• WHAT YOU ARE ASKED TO DO
Give every entry again precisely as it appears.

Dataset entries
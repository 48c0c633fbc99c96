-- ===== src/Browse/Items.antt =====
-- The items of the visitor's cart of provena-web/src/app/catalogue/_client.tsx, against the cart.
use provena.Base.{
  ℕ, ◌+◌, ◌*◌, String, Bool, true, false, not, Option, none, some, List, [], ◌∷◌, map, ◌≡◌, refl,
  ap, sym, ◌∙◌, ◌⊎◌, inl, inr, arith, ◌==◌, string_eq, eq_iff, keep, any, All, Any, sum_by,
}
use provena.Types.Catalogue.{Product, ProductVariant}
use provena.Types.Order.{CartItem, Cart}
use provena.Cart.{LocalCart, cart_count}
use provena.Goods.Finding.{find-Any, is_some, is_some-find}
use provena.Browse.{
  Amounts, find_variant, found_or, build_local_cart_items, items_count, cart_items, cart_total,
  items_of, total_of, local_item, subtotal,
}

abbrev pub has_id : String → ProductVariant → Bool
has_id variant_id v = v.id == variant_id

-- Whether a product of the page has the variant.
abbrev pub is_at_hand : List Product → String → Bool
is_at_hand products variant_id = any (λ (p : Product). any (has_id variant_id) p.variants) products

pub is_some-find_variant :
    (variant_id : String) (products : List Product)
    → is_some (find_variant variant_id products) ≡ is_at_hand products variant_id
unfolding find_variant
is_some-find_variant variant_id [] = ground arith
is_some-find_variant variant_id (p ∷ products) =
    ground
      (arith, is_some-find (has_id variant_id) p.variants, is_some-find_variant variant_id products)

abbrev pub Held : List Product → Product × ProductVariant → Type 0
Held products (product, variant) =
    Any (λ p. (p ≡ product) × Any (λ v. v ≡ variant) p.variants) products

-- An item is for a variant that a product of the page has, with its price.
abbrev pub Stands : Amounts → List Product → CartItem → Type 0
Stands a products i =
    (product : Product) × (variant : ProductVariant) × Held products (product, variant)
    × (variant.id ≡ i.variant)
    × (i.product_name ≡ product.name)
    × (i.price ≡ variant.price)
    × (i.subtotal ≡ a.fixed (a.pence i.price * i.quantity))

find_variant-cases :
    (variant_id : String) (products : List Product)
    → ((product : Product) × (variant : ProductVariant) × (find_variant variant_id products
          ≡ some (product, variant))
        × (variant.id ≡ variant_id)
        × Held products (product, variant))
      ⊎ (find_variant variant_id products ≡ none)
unfolding find_variant
find_variant-cases variant_id [] = inr refl
find_variant-cases variant_id (p ∷ products) =
    let rest = find_variant variant_id products in
    elim (find-Any (has_id variant_id) p.variants) [
      | inl (v, e, t, m) ↦
          inl (p, v, ap (λ o. found_or o p rest) e, (eq_iff v.id variant_id).0 t, inl (refl, m))
      | inr (e, missed) ↦ elim (find_variant-cases variant_id products) [
        | inl (product, variant, found, own, held) ↦
            inl (product, variant, ap (λ o. found_or o p rest) e ∙ found, own, inr held)
        | inr none_found ↦ inr (ap (λ o. found_or o p rest) e ∙ none_found)
      ]
    ]

abbrev pub entry_of : CartItem → String × ℕ
entry_of i = (i.variant, i.quantity)

abbrev pub Faithful : Amounts → List Product → LocalCart → List CartItem → Type 0
Faithful a products cart items =
    (map entry_of items ≡ keep (λ e. is_at_hand products e.0) cart) × All (Stands a products) items

build_local_cart_items-Faithful :
    (a : Amounts) (products : List Product) (cart : LocalCart)
    → Faithful a products cart (build_local_cart_items a cart products)
unfolding build_local_cart_items local_item subtotal
build_local_cart_items-Faithful a products [] = (refl, tt)
build_local_cart_items-Faithful a products ((id, quantity) ∷ cart) =
    let ih = build_local_cart_items-Faithful a products cart in
    let at_hand = is_some-find_variant id products in
    elim (find_variant-cases id products) [
      | inl (product, variant, e, own, held) ↦
          let seen : is_at_hand products id ≡ true = sym at_hand ∙ ap is_some e in
          rw (e, seen)
            (ap (◌∷◌ (id, quantity)) ih.0, ((product, variant, held, own, refl, refl, refl), ih.1))
      | inr e ↦
          let missed : is_at_hand products id ≡ false = sym at_hand ∙ ap is_some e in
          rw (e, missed) ih
    ]

-- `toFixed(2)` is read back by `parseFloat`.
abbrev pub RoundTrip : Amounts → Type 0
RoundTrip a = (n : ℕ) → a.pence (a.fixed n) ≡ n

entries_count : (items : List CartItem) → items_count items ≡ cart_count (map entry_of items)
unfolding items_count cart_count
entries_count [] = refl
entries_count (i ∷ items) = ground (arith, entries_count items)

count_split :
    (test : String × ℕ → Bool) (cart : LocalCart)
    → cart_count (keep test cart) + cart_count (keep (λ e. not (test e)) cart) ≡ cart_count cart
unfolding cart_count
count_split test [] = ground arith
count_split test (e ∷ cart) = ground (arith, count_split test cart)

abbrev pub worth : Amounts → List CartItem → ℕ
worth a items = sum_by (λ (i : CartItem). a.pence i.price * i.quantity) items

subtotals :
    (a : Amounts) (trip : RoundTrip a) (products : List Product) (items : List CartItem)
    → All (Stands a products) items
    → sum_by (λ (i : CartItem). a.pence i.subtotal) items ≡ worth a items
subtotals a trip products [] h = refl
subtotals a trip products (i ∷ items) ((product, variant, held, own, name, price, e), h) =
    ground (arith, e, trip (a.pence i.price * i.quantity), subtotals a trip products items h)

-- A visitor sees one item for each entry of the cart whose variant a product of the page has, in the
-- cart's order and with the entry's quantity, and no other item; each has the name and the price of
-- such a product. The total is the sum of prices times quantities, if an amount that is printed is
-- read back as it was. The count falls short of the cart's by what the entries that are not shown
-- hold.
pub cart_items-Faithful :
    (a : Amounts) (trip : RoundTrip a) (server_cart : Option Cart) (cart : LocalCart)
    (products : List Product)
    → Faithful a products cart (cart_items a false server_cart cart products)
      × (cart_total a false server_cart (cart_items a false server_cart cart products)
          ≡ a.fixed (worth a (cart_items a false server_cart cart products)))
      × (items_count (cart_items a false server_cart cart products)
            + cart_count (keep (λ e. not (is_at_hand products e.0)) cart)
          ≡ cart_count cart)
unfolding cart_items cart_total items_of total_of
cart_items-Faithful a trip server_cart cart products =
    let faithful = build_local_cart_items-Faithful a products cart in
    let items = build_local_cart_items a cart products in
    (
      faithful,
      ap a.fixed (subtotals a trip products items faithful.1),
      ap (λ n. n + cart_count (keep (λ e. not (is_at_hand products e.0)) cart))
            (entries_count items ∙ ap cart_count faithful.0)
          ∙ count_split (λ e. is_at_hand products e.0) cart,
    )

• SOLUTION
repository 48c0c633fbc99c96
-- ===== src/Browse/Items.antt =====
-- The items of the visitor's cart of provena-web/src/app/catalogue/_client.tsx, against the cart.
use provena.Base.{
  ℕ, ◌+◌, ◌*◌, String, Bool, true, false, not, Option, none, some, List, [], ◌∷◌, map, ◌≡◌, refl,
  ap, sym, ◌∙◌, ◌⊎◌, inl, inr, arith, ◌==◌, string_eq, eq_iff, keep, any, All, Any, sum_by,
}
use provena.Types.Catalogue.{Product, ProductVariant}
use provena.Types.Order.{CartItem, Cart}
use provena.Cart.{LocalCart, cart_count}
use provena.Goods.Finding.{find-Any, is_some, is_some-find}
use provena.Browse.{
  Amounts, find_variant, found_or, build_local_cart_items, items_count, cart_items, cart_total,
  items_of, total_of, local_item, subtotal,
}

abbrev pub has_id : String → ProductVariant → Bool
has_id variant_id v = v.id == variant_id

-- Whether a product of the page has the variant.
abbrev pub is_at_hand : List Product → String → Bool
is_at_hand products variant_id = any (λ (p : Product). any (has_id variant_id) p.variants) products

pub is_some-find_variant :
    (variant_id : String) (products : List Product)
    → is_some (find_variant variant_id products) ≡ is_at_hand products variant_id
unfolding find_variant
is_some-find_variant variant_id [] = ground arith
is_some-find_variant variant_id (p ∷ products) =
    ground
      (arith, is_some-find (has_id variant_id) p.variants, is_some-find_variant variant_id products)

abbrev pub Held : List Product → Product × ProductVariant → Type 0
Held products (product, variant) =
    Any (λ p. (p ≡ product) × Any (λ v. v ≡ variant) p.variants) products

-- An item is for a variant that a product of the page has, with its price.
abbrev pub Stands : Amounts → List Product → CartItem → Type 0
Stands a products i =
    (product : Product) × (variant : ProductVariant) × Held products (product, variant)
    × (variant.id ≡ i.variant)
    × (i.product_name ≡ product.name)
    × (i.price ≡ variant.price)
    × (i.subtotal ≡ a.fixed (a.pence i.price * i.quantity))

find_variant-cases :
    (variant_id : String) (products : List Product)
    → ((product : Product) × (variant : ProductVariant) × (find_variant variant_id products
          ≡ some (product, variant))
        × (variant.id ≡ variant_id)
        × Held products (product, variant))
      ⊎ (find_variant variant_id products ≡ none)
unfolding find_variant
find_variant-cases variant_id [] = inr refl
find_variant-cases variant_id (p ∷ products) =
    let rest = find_variant variant_id products in
    elim (find-Any (has_id variant_id) p.variants) [
      | inl (v, e, t, m) ↦
          inl (p, v, ap (λ o. found_or o p rest) e, (eq_iff v.id variant_id).0 t, inl (refl, m))
      | inr (e, missed) ↦ elim (find_variant-cases variant_id products) [
        | inl (product, variant, found, own, held) ↦
            inl (product, variant, ap (λ o. found_or o p rest) e ∙ found, own, inr held)
        | inr none_found ↦ inr (ap (λ o. found_or o p rest) e ∙ none_found)
      ]
    ]

abbrev pub entry_of : CartItem → String × ℕ
entry_of i = (i.variant, i.quantity)

abbrev pub Faithful : Amounts → List Product → LocalCart → List CartItem → Type 0
Faithful a products cart items =
    (map entry_of items ≡ keep (λ e. is_at_hand products e.0) cart) × All (Stands a products) items

build_local_cart_items-Faithful :
    (a : Amounts) (products : List Product) (cart : LocalCart)
    → Faithful a products cart (build_local_cart_items a cart products)
unfolding build_local_cart_items local_item subtotal
build_local_cart_items-Faithful a products [] = (refl, tt)
build_local_cart_items-Faithful a products ((id, quantity) ∷ cart) =
    let ih = build_local_cart_items-Faithful a products cart in
    let at_hand = is_some-find_variant id products in
    elim (find_variant-cases id products) [
      | inl (product, variant, e, own, held) ↦
          let seen : is_at_hand products id ≡ true = sym at_hand ∙ ap is_some e in
          rw (e, seen)
            (ap (◌∷◌ (id, quantity)) ih.0, ((product, variant, held, own, refl, refl, refl), ih.1))
      | inr e ↦
          let missed : is_at_hand products id ≡ false = sym at_hand ∙ ap is_some e in
          rw (e, missed) ih
    ]

-- `toFixed(2)` is read back by `parseFloat`.
abbrev pub RoundTrip : Amounts → Type 0
RoundTrip a = (n : ℕ) → a.pence (a.fixed n) ≡ n

entries_count : (items : List CartItem) → items_count items ≡ cart_count (map entry_of items)
unfolding items_count cart_count
entries_count [] = refl
entries_count (i ∷ items) = ground (arith, entries_count items)

count_split :
    (test : String × ℕ → Bool) (cart : LocalCart)
    → cart_count (keep test cart) + cart_count (keep (λ e. not (test e)) cart) ≡ cart_count cart
unfolding cart_count
count_split test [] = ground arith
count_split test (e ∷ cart) = ground (arith, count_split test cart)

abbrev pub worth : Amounts → List CartItem → ℕ
worth a items = sum_by (λ (i : CartItem). a.pence i.price * i.quantity) items

subtotals :
    (a : Amounts) (trip : RoundTrip a) (products : List Product) (items : List CartItem)
    → All (Stands a products) items
    → sum_by (λ (i : CartItem). a.pence i.subtotal) items ≡ worth a items
subtotals a trip products [] h = refl
subtotals a trip products (i ∷ items) ((product, variant, held, own, name, price, e), h) =
    ground (arith, e, trip (a.pence i.price * i.quantity), subtotals a trip products items h)

-- A visitor sees one item for each entry of the cart whose variant a product of the page has, in the
-- cart's order and with the entry's quantity, and no other item; each has the name and the price of
-- such a product. The total is the sum of prices times quantities, if an amount that is printed is
-- read back as it was. The count falls short of the cart's by what the entries that are not shown
-- hold.
pub cart_items-Faithful :
    (a : Amounts) (trip : RoundTrip a) (server_cart : Option Cart) (cart : LocalCart)
    (products : List Product)
    → Faithful a products cart (cart_items a false server_cart cart products)
      × (cart_total a false server_cart (cart_items a false server_cart cart products)
          ≡ a.fixed (worth a (cart_items a false server_cart cart products)))
      × (items_count (cart_items a false server_cart cart products)
            + cart_count (keep (λ e. not (is_at_hand products e.0)) cart)
          ≡ cart_count cart)
unfolding cart_items cart_total items_of total_of
cart_items-Faithful a trip server_cart cart products =
    let faithful = build_local_cart_items-Faithful a products cart in
    let items = build_local_cart_items a cart products in
    (
      faithful,
      ap a.fixed (subtotals a trip products items faithful.1),
      ap (λ n. n + cart_count (keep (λ e. not (is_at_hand products e.0)) cart))
            (entries_count items ∙ ap cart_count faithful.0)
          ∙ count_split (λ e. is_at_hand products e.0) cart,
    )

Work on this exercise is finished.